» **RECORDS TO USE**
^^^^
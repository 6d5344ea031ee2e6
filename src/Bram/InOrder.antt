-- ===== src/Bram/InOrder.antt =====
-- The kernel LSQ_BRAM of lsq/LoadStoreQueueBRAM.hpp against the program-order execution.
use elastic_sycl_hls.Prelude.{
  ℕ, zero, suc, ◌-◌, ◌≤◌, ◌≡◌, Bool-cases, inl, inr, Option, none, some, List, [], ◌∷◌, arith, refl,
  length, replicate, get_elem?, Option-cases,
}
use elastic_sycl_hls.Prelude.Int.{ℤ}
use elastic_sycl_hls.Bram.State.{Config, Lsq, PipeInputs, initial_lsq, no_load, no_alloc}
use elastic_sycl_hls.Bram.Cycle.{Effects, cycle, ends, run}
use elastic_sycl_hls.Bram.Program.{
  Program, Progress, ConformsRun, advance, no_progress, mem_after, expected, expected_port,
}
use elastic_sycl_hls.Bram.Invariant.{Inv, Slots, Allocs, LoadQueue, StoreQueue}
use elastic_sycl_hls.Bram.Invariant.Kept.{cycle-Inv, cycle-WrittenWell}

module _ {V : Type 0} (cfg : Config) (byte_of : V → ℤ) (p : Program V) where
  -- The load values written in a sequence of iterations, with the ports written to.
  abbrev pub values_written : List (Effects V) → List (ℕ × V)
  values_written [] = []
  values_written (eff ∷ effs) = elim eff.returned [
    | none ↦ values_written effs
    | some x ↦ x ∷ values_written effs
  ]

  -- The values of `n` loads of the program from load `i` on.
  abbrev pub expected_from : ℕ → ℕ → List (ℕ × V)
  expected_from i zero = []
  expected_from i (suc n) = (expected_port cfg p i, expected cfg p i) ∷ expected_from (suc i) n

  -- The progress after a sequence of iterations.
  abbrev pub advance_all : Progress → List (Effects V) → Progress
  advance_all g [] = g
  advance_all g (eff ∷ effs) = advance_all (advance g eff) effs

  abbrev RunsWell : Progress → List (Effects V) × Lsq V → Type 0
  RunsWell g (effs, s') =
      (values_written effs ≡ expected_from g.returned (length (values_written effs)))
      × Inv cfg p (advance_all g effs) s'

  -- One more iteration in front.
  RunsWell-step :
      (g : Progress) (eff : Effects V) (effs : List (Effects V)) (s' : Lsq V)
      → ((x : ℕ × V)
          → eff.returned ≡ some x
          → x ≡ (expected_port cfg p g.returned, expected cfg p g.returned))
      → RunsWell (advance g eff) (effs, s')
      → RunsWell g (eff ∷ effs, s')
  RunsWell-step g eff effs s' w (v, i) = elim (Option-cases eff.returned) [
    | inl e ↦ (rw e (rw e at v), i)
    | inr (x, e) ↦ (rw e (cc (w x e, rw e at v)), i)
  ]

  run-RunsWell :
      (g : Progress) (s : Lsq V) (inps : List (PipeInputs V))
      → Inv cfg p g s
      → ConformsRun cfg byte_of p g s inps
      → RunsWell g (run cfg byte_of s inps)
  unfolding run
  run-RunsWell g s [] inv ok = (refl, inv)
  run-RunsWell g s (inp ∷ inps) inv ok =
      let (s', eff) = cycle cfg byte_of s inp in
      let inv' : Inv cfg p (advance g eff) s' = cycle-Inv cfg byte_of p inp inv ok.0 in
      let w = cycle-WrittenWell cfg byte_of p inp inv ok.0 in
      elim (Bool-cases (ends cfg byte_of s inp)) [
        | inl stop ↦ rw stop (RunsWell-step g eff [] s' w (refl, inv'))
        | inr go ↦ rw go (
            RunsWell-step g eff (run cfg byte_of s' inps).0 (run cfg byte_of s' inps).1 w
              (run-RunsWell (advance g eff) s' inps inv' ok.1))
      ]

  Slots-empty : (n port : ℕ) → Slots p 0 0 0 0 (replicate n (no_load port))
  Slots-empty zero port = refl
  Slots-empty (suc n) port = inr (refl, refl, refl, Slots-empty n port)

  Allocs-empty : (n : ℕ) → Allocs p 0 0 (replicate n no_alloc)
  Allocs-empty zero = refl
  Allocs-empty (suc n) = inr (refl, refl, Allocs-empty n)

  no_ports {ℓ} :
      {A : Type ℓ} (n i : ℕ) (x : A)
      → get_elem? (replicate {A = Option A} n none) i ≡ some (some x)
      → ⊥
  no_ports zero i x e = cc
  no_ports (suc n) zero x e = cc
  no_ports (suc n) (suc i) x e = no_ports n i x e

  -- The registers at the start, `n + 2` load entries and `m + 1` store entries.
  initial_queues :
      (n m : ℕ) (junk : V)
      → LoadQueue cfg p 0 0 0 0 junk (replicate (suc (suc n)) (no_load 0))
        × StoreQueue p 0 0 (replicate (suc m) no_alloc)
  initial_queues n m junk = (inr (refl, refl, refl, Slots-empty (suc n) 0), Allocs-empty (suc m))

  pub initial-Inv :
      (n m : ℕ) (junk : V)
      → cfg.ld_q_size ≡ suc (suc n)
      → cfg.st_q_size ≡ suc m
      → Inv cfg p no_progress (initial_lsq cfg p.init junk)
  unfolding initial_lsq mem_after
  initial-Inv n m junk e f =
      let (loads, stores) = initial_queues n m junk in
      record {
        memory = λ a. refl;
        last = refl;
        few = omega arith;
        stores = rw f stores;
        loads = rw e loads;
        two_loads = rw e (omega arith);
        served = λ i lt. absurd (omega arith);
        mux = λ inlined. record {
          next = refl;
          values = λ i x held. absurd (no_ports cfg.num_st_val i x held);
        };
      }

  -- Every load gets the value of the program-order execution. With queues of the sizes that the
  -- kernel asserts, and clients that conform in every iteration, a run of the kernel from its
  -- initial registers, of any length, writes the values of loads 0, 1, 2, … of the program in this
  -- order, each to the port of its load, and each is the value at its address after exactly the
  -- stores that precede it in program order. At the end the memory is that after the stores whose
  -- values were used up.
  pub run-in_order :
      (junk : V) (inps : List (PipeInputs V))
      → 2 ≤ cfg.ld_q_size
      → 2 ≤ cfg.st_q_size
      → ConformsRun cfg byte_of p no_progress (initial_lsq cfg p.init junk) inps
      → let (effs, s') = run cfg byte_of (initial_lsq cfg p.init junk) inps in
        (values_written effs ≡ expected_from 0 (length (values_written effs)))
        × ((a : ℤ) → s'.data_mem a ≡ mem_after cfg p (advance_all no_progress effs).done a)
  run-in_order junk inps ld st ok =
      let start =
        initial-Inv (cfg.ld_q_size - 2) (cfg.st_q_size - 1) junk (omega arith) (omega arith) in
      let (values, inv) = run-RunsWell no_progress (initial_lsq cfg p.init junk) inps start ok in
      (values, inv.memory)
^^^^
» **YOUR INSTRUCTIONS**
The expected output is exactly the lines of the listing above between the line holding "(advance_all g effs) s'" and the line holding "cfg p g.returned))", inclusive.

» **RESULT FOR THIS TASK**
      × Inv cfg p (advance_all g effs) s'

  -- One more iteration in front.
  RunsWell-step :
      (g : Progress) (eff : Effects V) (effs : List (Effects V)) (s' : Lsq V)
      → ((x : ℕ × V)
          → eff.returned ≡ some x
          → x ≡ (expected_port cfg p g.returned, expected cfg p g.returned))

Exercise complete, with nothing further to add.